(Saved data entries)
:::
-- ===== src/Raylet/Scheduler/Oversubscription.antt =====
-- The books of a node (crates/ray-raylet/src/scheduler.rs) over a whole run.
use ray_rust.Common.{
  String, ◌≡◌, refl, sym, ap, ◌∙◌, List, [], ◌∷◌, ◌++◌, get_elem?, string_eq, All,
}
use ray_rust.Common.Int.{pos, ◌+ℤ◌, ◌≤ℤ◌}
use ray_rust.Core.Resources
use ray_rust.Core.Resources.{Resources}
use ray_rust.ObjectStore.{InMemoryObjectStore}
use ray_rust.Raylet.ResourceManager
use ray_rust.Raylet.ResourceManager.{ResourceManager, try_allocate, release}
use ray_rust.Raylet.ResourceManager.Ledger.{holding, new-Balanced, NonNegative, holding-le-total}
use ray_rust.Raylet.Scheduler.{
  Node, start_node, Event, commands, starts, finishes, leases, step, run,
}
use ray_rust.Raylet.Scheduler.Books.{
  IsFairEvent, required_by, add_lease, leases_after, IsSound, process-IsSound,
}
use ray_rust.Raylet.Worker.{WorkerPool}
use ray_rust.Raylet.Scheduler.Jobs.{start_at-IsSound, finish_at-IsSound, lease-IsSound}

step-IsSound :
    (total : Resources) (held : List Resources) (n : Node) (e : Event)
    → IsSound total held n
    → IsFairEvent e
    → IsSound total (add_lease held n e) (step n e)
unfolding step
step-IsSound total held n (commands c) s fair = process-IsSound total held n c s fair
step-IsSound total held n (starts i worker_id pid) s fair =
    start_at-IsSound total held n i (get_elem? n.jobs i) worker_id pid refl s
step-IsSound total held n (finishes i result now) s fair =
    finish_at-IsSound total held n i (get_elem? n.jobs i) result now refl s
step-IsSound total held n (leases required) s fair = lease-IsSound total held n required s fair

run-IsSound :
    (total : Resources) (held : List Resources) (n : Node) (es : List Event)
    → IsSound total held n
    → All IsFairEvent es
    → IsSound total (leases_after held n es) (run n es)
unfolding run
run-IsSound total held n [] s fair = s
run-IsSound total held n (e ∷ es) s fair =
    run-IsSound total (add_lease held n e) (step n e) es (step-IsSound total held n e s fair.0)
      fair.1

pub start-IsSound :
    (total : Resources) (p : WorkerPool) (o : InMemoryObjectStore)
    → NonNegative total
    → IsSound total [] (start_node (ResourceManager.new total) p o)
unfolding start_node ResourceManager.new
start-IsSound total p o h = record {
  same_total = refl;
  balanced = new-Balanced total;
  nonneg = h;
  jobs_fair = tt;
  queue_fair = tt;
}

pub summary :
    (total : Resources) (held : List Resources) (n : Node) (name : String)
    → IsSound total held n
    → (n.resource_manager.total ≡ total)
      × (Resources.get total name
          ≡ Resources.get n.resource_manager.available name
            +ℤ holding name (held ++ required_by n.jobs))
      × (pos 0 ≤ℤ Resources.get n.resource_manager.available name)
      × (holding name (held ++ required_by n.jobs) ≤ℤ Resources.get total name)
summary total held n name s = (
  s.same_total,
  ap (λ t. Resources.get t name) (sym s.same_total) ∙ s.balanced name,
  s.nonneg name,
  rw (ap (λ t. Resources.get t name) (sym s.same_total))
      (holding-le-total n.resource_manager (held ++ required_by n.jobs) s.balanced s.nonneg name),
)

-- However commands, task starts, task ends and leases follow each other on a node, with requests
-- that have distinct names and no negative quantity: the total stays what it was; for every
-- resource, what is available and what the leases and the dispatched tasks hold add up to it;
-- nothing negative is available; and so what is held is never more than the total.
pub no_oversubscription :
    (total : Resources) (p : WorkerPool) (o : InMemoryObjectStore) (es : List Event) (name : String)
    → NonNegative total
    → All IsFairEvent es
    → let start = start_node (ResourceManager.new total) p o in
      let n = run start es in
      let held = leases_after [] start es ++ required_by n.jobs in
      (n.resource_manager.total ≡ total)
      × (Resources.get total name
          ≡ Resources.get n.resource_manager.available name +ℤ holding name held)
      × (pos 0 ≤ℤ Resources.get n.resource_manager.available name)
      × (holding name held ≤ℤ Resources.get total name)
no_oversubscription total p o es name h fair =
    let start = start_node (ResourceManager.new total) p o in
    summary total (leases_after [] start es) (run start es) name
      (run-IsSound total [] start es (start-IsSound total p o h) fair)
:::
Count the lines above that contain the word "commands". Give only the number.

The answer: 3